═══ SOURCE MATERIAL
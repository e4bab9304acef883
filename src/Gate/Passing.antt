-- ===== src/Gate/Passing.antt =====
-- Which requests reach the handler behind the gate, and what the others are answered.
use grpcmcp.Base.{
  String, ◌≡◌, ◌≢◌, ◌⊎◌, inl, inr, false, none, List, arith, contains, lookup, ◌==◌, eq_iff,
  Bool-cases, Has, Option-cases,
}
use grpcmcp.Header.{canonical, get}
use grpcmcp.Gate.{
  Request, Response, Handler, json_rpc_error, is_found, reject_browser_origin,
  reject_unsupported_protocol_version, gate,
}

module _ (valid : List String) (quote : String → String) where
  -- no Origin header, not even an empty one, and a protocol version that is absent or supported
  pub record IsAdmitted (r : Request) : Type 0 where
    pub no_origin : lookup (canonical "Origin") r.header ≡ none
    pub version :
        (get r.header "Mcp-Protocol-Version" ≡ "") ⊎ Has valid (get r.header "Mcp-Protocol-Version")

  -- The three ways in which a request is answered, each with what it takes.
  pub data Verdict (next : Handler) (r : Request) (reply : Response) : Type 0 where
    passed : IsAdmitted r → reply ≡ next r → Verdict next r reply
    forbidden :
        lookup (canonical "Origin") r.header ≢ none
        → reply ≡ json_rpc_error 403 32600 "Origin not allowed"
        → Verdict next r reply
    bad_version :
        lookup (canonical "Origin") r.header ≡ none
        → get r.header "Mcp-Protocol-Version" ≢ ""
        → contains valid (get r.header "Mcp-Protocol-Version") ≡ false
        → reply.status ≡ 400
        → Verdict next r reply

  -- Every request gets one of three answers: the one of the handler behind the gate, if it has no
  -- Origin header and no unsupported version; 403 if it has an Origin header, even an empty one or
  -- one beside a bad version; 400 if it has none and names a version that is not supported.
  pub gate-Verdict : (next : Handler) (r : Request) → Verdict next r (gate valid quote next r)
  unfolding gate reject_browser_origin reject_unsupported_protocol_version json_rpc_error
  gate-Verdict next r =
      let version = get r.header "Mcp-Protocol-Version" in
      elim (Option-cases (lookup (canonical "Origin") r.header)) [
        | inr (vs, found) ↦ forbidden (λ e. cc) (rw (found, is_found))
        | inl none_found ↦ elim (Bool-cases (version == "")) [
          | inl empty ↦
              passed
                (record { no_origin = none_found; version = inl ((eq_iff version "").0 empty) })
                (ground (arith, none_found, empty))
          | inr named ↦ elim (Bool-cases (contains valid version)) [
            | inl supported ↦
                passed (record { no_origin = none_found; version = inr supported })
                  (ground (arith, none_found, supported))
            | inr unsupported ↦
                bad_version none_found (λ e. cc ((eq_iff version "").1 e)) unsupported
                  (ground (arith, none_found, named, unsupported))
          ]
        ]
      ]

  -- Only an admitted request can make two handlers behind the gate answer differently: no other
  -- request reaches them.
  pub reached-IsAdmitted :
      (next other : Handler) (r : Request)
      → gate valid quote next r ≢ gate valid quote other r
      → IsAdmitted r
  unfolding gate reject_browser_origin reject_unsupported_protocol_version
  reached-IsAdmitted next other r differ = elim (gate-Verdict next r) [
    | passed a _ ↦ a
    | forbidden present _ ↦ absurd (differ (ground (arith, present)))
    | bad_version gone named unsupported _ ↦ absurd (
        differ (
          ground
            (arith, gone, unsupported, named, eq_iff (get r.header "Mcp-Protocol-Version") "")))
  ]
══════
DIRECTIONS FOR THIS TASK —
Whenever a line of the listing above holds the word "Response", copy that line.

COMPLETED EXERCISE —
  Request, Response, Handler, json_rpc_error, is_found, reject_browser_origin,
  pub data Verdict (next : Handler) (r : Request) (reply : Response) : Type 0 where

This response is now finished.